[MATERIAL PROVIDED — start]

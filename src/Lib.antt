-- ===== src/Lib.antt =====
-- A verification library for the programs of this repository, which show how threads and processes
-- synchronise and how files and sockets are read and written.
--
-- The parts of the program and the files that model them:
-- * 03_circular_buffer/circular-buffer.c, a bounded queue between one producer and one consumer, in
--   CircularBuffer. `Queue` is the struct QUEUE; `queue_init`, `queue_enqueue`, `queue_dequeue` and
--   their simple variants are the functions of these names, and return the new queue beside the
--   result. CircularBuffer/Threads has `thread_producer` and `thread_consumer` as steps that make one
--   shared access each, and runs them by a schedule, a list that says whose turn it is. Sequential
--   and Refine compare the operations with a bounded sequence; Invariant is what holds between the
--   steps; Safety draws the consequences. The counters are 32-bit and wrap.
-- * 05_stream_mutliplexing/server/server-common-multiplexing.h, the functions of the two servers
--   that serve many clients at once, in Fileshare/Multiplexing, with the switch of server-poll.c and
--   server-epoll.c that chooses between them (`send_at`). `FileshareServer`, `FileshareConnection` and
--   `TransferState` are its types. Multiplexing/Setup has the functions on the file, the signals and
--   the sockets; Transfer, Header and Delivery say what a client is sent, over the
--   calls made for it (History); Header is what a write of the size leaves that takes part of it.
--   The operating system is a parameter (Fileshare/Posix), and Fileshare/Laws is what its documentation
--   says of `pread` and `write`.
--   Fileshare/EventLoop is what the loops of the two servers do with the array of connections and its
--   counters (`Clients`): Table is what they keep, Turns and Steps the single changes, Switch the
--   switch of a connection that can be written to, Stop the test at the head of the loop, and Frame
--   what a call leaves alone. Fileshare/Poll is server-poll.c, with the array of descriptors, and
--   Fileshare/Epoll server-epoll.c, whose interest list Epoll/Interest describes by what the
--   documentation of epoll says. `poll_loop` and `epoll_loop` run for a number of rounds; the theorems
--   hold for any number, and a result says whether the loop has ended.
--   Fileshare/Bytes has `htobe64` and the bytes of a 64-bit number in memory, lowest first.
-- * 05_stream_mutliplexing/server/server-common.h with server-simple.c and the `thread_func` of
--   server-thread-pool.c, in Fileshare/Common: only the functions of the header that differ from
--   server-common-multiplexing.h. The two servers share the loop over the blocks (`send_blocks`) and
--   differ in what they do after an error (`simple_failed`, `thread_failed`). Common/Same compares the
--   two headers, Common/Delivered follows one client; a file of n bytes needs n + 1 rounds at most.
-- * 05_stream_mutliplexing/client/client.c, the client, in Fileshare/Client:
--   `FileshareClient` is its struct, and `recv_file` the loop of `main` over the blocks, on a number of
--   rounds. A file of n bytes needs n + 1 rounds at most. Client/Quiet is what a connection and a disk
--   without errors do; Receive and Delivered say what the client then has. Client/Session has the
--   connecting and `main` (`client_main`), on a number of attempts, and Session/Descriptors counts what
--   a connection leaves open.
-- * The `main` of the programs of 01_blocking_sync, 02_nonblocking_sync, 03_circular_buffer and
--   03_readers_writers, in Harness: the loops that start the threads and wait for them
--   (`run_threads`) and the sixteen programs (Mains), as definitions that run. The system is a function
--   that says which call, after which calls, reports an error.
-- * The spin locks of 02_nonblocking_sync/spinlock.c, tas-lock.c, ttas-lock.c and ticket-lock.c, in
--   Locks. `SpinLock` is a lock as `thread_func` uses it; Flag and Ticket fill it with the functions of
--   the four programs, the loop that acquires a lock one access at a time. Threads has `thread_func` as
--   steps that a schedule runs; Excludes are the laws that a lock has to meet, which Flag/Exclusion and
--   Ticket/Exclusion prove, and Counter draws from the laws what the counter holds.
--   Locks/Rounds is what the programs with a mutex or a lock of another shape share: threads that
--   increment a variable in rounds.
-- * 02_nonblocking_sync/arrayqueue-lock.c, in Locks/ArrayQueue: `AQL_acquire` and `AQL_release` by their
--   shared accesses (`aql_acquire_first`, `aql_acquire_test`, `aql_release_first`,
--   `aql_release_second`), and `thread_func` over them. Order is the invariant, in numbers that do not
--   wrap, and Hold, Enter, Leave and Turns the steps that keep it.
-- * 02_nonblocking_sync/futex.c, in Futex: `lock` and `unlock` as steps of one access or one call each
--   (`lock_first`, `lock_exchange`, `futex_wait`, `unlock_first`, `futex_wake`), and `thread_func` over
--   them. An event is the turn of a thread, with the choice of the kernel of whom to wake, or a signal
--   that ends a sleep. Ownership, Sleepers and Counter hold the three parts of the invariant
--   (Places what each place of a thread means for the last), and Lock and Unlock the steps of the
--   two functions.
-- * 01_blocking_sync, in Blocking: `worker_at` is the `thread_func` that mutex.c and posixsem.c share,
--   over a lock of the system (Mutex); Counter is what it has counted, and Race the `thread_func` of
--   race.c. That of sysvipc.c is left out: its `semop` is told of two operations in an array of one.
-- * 03_readers_writers/mutex.c and rwlock.c, in RwLock: `rw_at` is a step of `thread_writer` or of
--   `thread_reader`, over a lock that both take (`RwLock`, with RwLaws for what its documentation says).
--   Invariant and Steps are what holds of the threads, Safety what the lock gives them.
-- * 03_readers_writers/mutex-seqlock.c, in Seqlock: `thread_writer` and `thread_reader` as steps of one
--   shared access each, over the mutex of the pthread library (Mutex, with `MutexLaws`). Invariant is
--   what holds of the writers, Writers and Readers the steps that keep it, Run whole schedules; Safety
--   and Return are what the readers get, and that they return.
-- * 04_async_io/common.h and io-uring-cp.c, in FileCopy/Common and FileCopy/Uring: `CopyStatus` and
--   `BlockStatus` are the structs, and `reap` and `copy_blocks` the two loops of `main`, on fuel: the
--   number of completions that are to come, two for each block, is enough. The calls of liburing are a
--   parameter (`Ring`), and Laws is what its documentation says: a peek leaves the completion in the
--   queue, where the next peek finds it again until `cqe_seen` takes it out. Cells, Steps and Requests are what
--   each call does to the blocks under way, Status the counters of the program; Completions, Reaping,
--   Copied and WholeFile follow the copy from a completion to the end.
-- * 04_async_io/sync-cp.c, in FileCopy/Sync: `copy_loop` is the loop of `main`, on a number of rounds,
--   and Sync/Copied follows the file through it.
-- * 02_nonblocking_sync/atomics.c, in Atomics, a round of `thread_func` as one step.
--
-- Prelude holds the names that all of them share, lemmas on lists and on powers of two, the machine
-- words, arrays as functions, and a monad for functions that may end the program with a rule for what
-- holds at their ends (Ends).
--
-- Loops are steps that a schedule or a history repeats, or recursion on the number of rounds left;
-- `recv_file`, `send_blocks`, `poll_loop`, `epoll_loop`, `copy_loop`, `copy_blocks` and `client_main`
-- can use up their rounds. Threads interleave at their shared accesses, which are
-- sequentially consistent; weaker orders of memory are not modelled. Output to the console is left
-- out.
--
-- Not modelled: the key and the thread-local memory of the array queue lock, the threads of seqlock.c,
-- `main` of the thread pool server, the parsing of arguments, and the file copies of 04_async_io with a
-- thread pool and with the two libraries for asynchronous input and output.
pub mod Prelude
pub mod CircularBuffer
pub mod Fileshare
pub mod Harness
pub mod Mutex
pub mod Seqlock
pub mod Blocking
pub mod RwLock
pub mod FileCopy
pub mod Locks
pub mod Futex
pub mod Atomics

[MATERIAL PROVIDED — finish]

▶ **WHAT YOU SHOULD DO**
The whole listing, restated word for word, is the expected answer.

▶ **WRITTEN SOLUTION**
filename src/Lib.antt
-- ===== src/Lib.antt =====
-- A verification library for the programs of this repository, which show how threads and processes
-- synchronise and how files and sockets are read and written.
--
-- The parts of the program and the files that model them:
-- * 03_circular_buffer/circular-buffer.c, a bounded queue between one producer and one consumer, in
--   CircularBuffer. `Queue` is the struct QUEUE; `queue_init`, `queue_enqueue`, `queue_dequeue` and
--   their simple variants are the functions of these names, and return the new queue beside the
--   result. CircularBuffer/Threads has `thread_producer` and `thread_consumer` as steps that make one
--   shared access each, and runs them by a schedule, a list that says whose turn it is. Sequential
--   and Refine compare the operations with a bounded sequence; Invariant is what holds between the
--   steps; Safety draws the consequences. The counters are 32-bit and wrap.
-- * 05_stream_mutliplexing/server/server-common-multiplexing.h, the functions of the two servers
--   that serve many clients at once, in Fileshare/Multiplexing, with the switch of server-poll.c and
--   server-epoll.c that chooses between them (`send_at`). `FileshareServer`, `FileshareConnection` and
--   `TransferState` are its types. Multiplexing/Setup has the functions on the file, the signals and
--   the sockets; Transfer, Header and Delivery say what a client is sent, over the
--   calls made for it (History); Header is what a write of the size leaves that takes part of it.
--   The operating system is a parameter (Fileshare/Posix), and Fileshare/Laws is what its documentation
--   says of `pread` and `write`.
--   Fileshare/EventLoop is what the loops of the two servers do with the array of connections and its
--   counters (`Clients`): Table is what they keep, Turns and Steps the single changes, Switch the
--   switch of a connection that can be written to, Stop the test at the head of the loop, and Frame
--   what a call leaves alone. Fileshare/Poll is server-poll.c, with the array of descriptors, and
--   Fileshare/Epoll server-epoll.c, whose interest list Epoll/Interest describes by what the
--   documentation of epoll says. `poll_loop` and `epoll_loop` run for a number of rounds; the theorems
--   hold for any number, and a result says whether the loop has ended.
--   Fileshare/Bytes has `htobe64` and the bytes of a 64-bit number in memory, lowest first.
-- * 05_stream_mutliplexing/server/server-common.h with server-simple.c and the `thread_func` of
--   server-thread-pool.c, in Fileshare/Common: only the functions of the header that differ from
--   server-common-multiplexing.h. The two servers share the loop over the blocks (`send_blocks`) and
--   differ in what they do after an error (`simple_failed`, `thread_failed`). Common/Same compares the
--   two headers, Common/Delivered follows one client; a file of n bytes needs n + 1 rounds at most.
-- * 05_stream_mutliplexing/client/client.c, the client, in Fileshare/Client:
--   `FileshareClient` is its struct, and `recv_file` the loop of `main` over the blocks, on a number of
--   rounds. A file of n bytes needs n + 1 rounds at most. Client/Quiet is what a connection and a disk
--   without errors do; Receive and Delivered say what the client then has. Client/Session has the
--   connecting and `main` (`client_main`), on a number of attempts, and Session/Descriptors counts what
--   a connection leaves open.
-- * The `main` of the programs of 01_blocking_sync, 02_nonblocking_sync, 03_circular_buffer and
--   03_readers_writers, in Harness: the loops that start the threads and wait for them
--   (`run_threads`) and the sixteen programs (Mains), as definitions that run. The system is a function
--   that says which call, after which calls, reports an error.
-- * The spin locks of 02_nonblocking_sync/spinlock.c, tas-lock.c, ttas-lock.c and ticket-lock.c, in
--   Locks. `SpinLock` is a lock as `thread_func` uses it; Flag and Ticket fill it with the functions of
--   the four programs, the loop that acquires a lock one access at a time. Threads has `thread_func` as
--   steps that a schedule runs; Excludes are the laws that a lock has to meet, which Flag/Exclusion and
--   Ticket/Exclusion prove, and Counter draws from the laws what the counter holds.
--   Locks/Rounds is what the programs with a mutex or a lock of another shape share: threads that
--   increment a variable in rounds.
-- * 02_nonblocking_sync/arrayqueue-lock.c, in Locks/ArrayQueue: `AQL_acquire` and `AQL_release` by their
--   shared accesses (`aql_acquire_first`, `aql_acquire_test`, `aql_release_first`,
--   `aql_release_second`), and `thread_func` over them. Order is the invariant, in numbers that do not
--   wrap, and Hold, Enter, Leave and Turns the steps that keep it.
-- * 02_nonblocking_sync/futex.c, in Futex: `lock` and `unlock` as steps of one access or one call each
--   (`lock_first`, `lock_exchange`, `futex_wait`, `unlock_first`, `futex_wake`), and `thread_func` over
--   them. An event is the turn of a thread, with the choice of the kernel of whom to wake, or a signal
--   that ends a sleep. Ownership, Sleepers and Counter hold the three parts of the invariant
--   (Places what each place of a thread means for the last), and Lock and Unlock the steps of the
--   two functions.
-- * 01_blocking_sync, in Blocking: `worker_at` is the `thread_func` that mutex.c and posixsem.c share,
--   over a lock of the system (Mutex); Counter is what it has counted, and Race the `thread_func` of
--   race.c. That of sysvipc.c is left out: its `semop` is told of two operations in an array of one.
-- * 03_readers_writers/mutex.c and rwlock.c, in RwLock: `rw_at` is a step of `thread_writer` or of
--   `thread_reader`, over a lock that both take (`RwLock`, with RwLaws for what its documentation says).
--   Invariant and Steps are what holds of the threads, Safety what the lock gives them.
-- * 03_readers_writers/mutex-seqlock.c, in Seqlock: `thread_writer` and `thread_reader` as steps of one
--   shared access each, over the mutex of the pthread library (Mutex, with `MutexLaws`). Invariant is
--   what holds of the writers, Writers and Readers the steps that keep it, Run whole schedules; Safety
--   and Return are what the readers get, and that they return.
-- * 04_async_io/common.h and io-uring-cp.c, in FileCopy/Common and FileCopy/Uring: `CopyStatus` and
--   `BlockStatus` are the structs, and `reap` and `copy_blocks` the two loops of `main`, on fuel: the
--   number of completions that are to come, two for each block, is enough. The calls of liburing are a
--   parameter (`Ring`), and Laws is what its documentation says: a peek leaves the completion in the
--   queue, where the next peek finds it again until `cqe_seen` takes it out. Cells, Steps and Requests are what
--   each call does to the blocks under way, Status the counters of the program; Completions, Reaping,
--   Copied and WholeFile follow the copy from a completion to the end.
-- * 04_async_io/sync-cp.c, in FileCopy/Sync: `copy_loop` is the loop of `main`, on a number of rounds,
--   and Sync/Copied follows the file through it.
-- * 02_nonblocking_sync/atomics.c, in Atomics, a round of `thread_func` as one step.
--
-- Prelude holds the names that all of them share, lemmas on lists and on powers of two, the machine
-- words, arrays as functions, and a monad for functions that may end the program with a rule for what
-- holds at their ends (Ends).
--
-- Loops are steps that a schedule or a history repeats, or recursion on the number of rounds left;
-- `recv_file`, `send_blocks`, `poll_loop`, `epoll_loop`, `copy_loop`, `copy_blocks` and `client_main`
-- can use up their rounds. Threads interleave at their shared accesses, which are
-- sequentially consistent; weaker orders of memory are not modelled. Output to the console is left
-- out.
--
-- Not modelled: the key and the thread-local memory of the array queue lock, the threads of seqlock.c,
-- `main` of the thread pool server, the parsing of arguments, and the file copies of 04_async_io with a
-- thread pool and with the two libraries for asynchronous input and output.
pub mod Prelude
pub mod CircularBuffer
pub mod Fileshare
pub mod Harness
pub mod Mutex
pub mod Seqlock
pub mod Blocking
pub mod RwLock
pub mod FileCopy
pub mod Locks
pub mod Futex
pub mod Atomics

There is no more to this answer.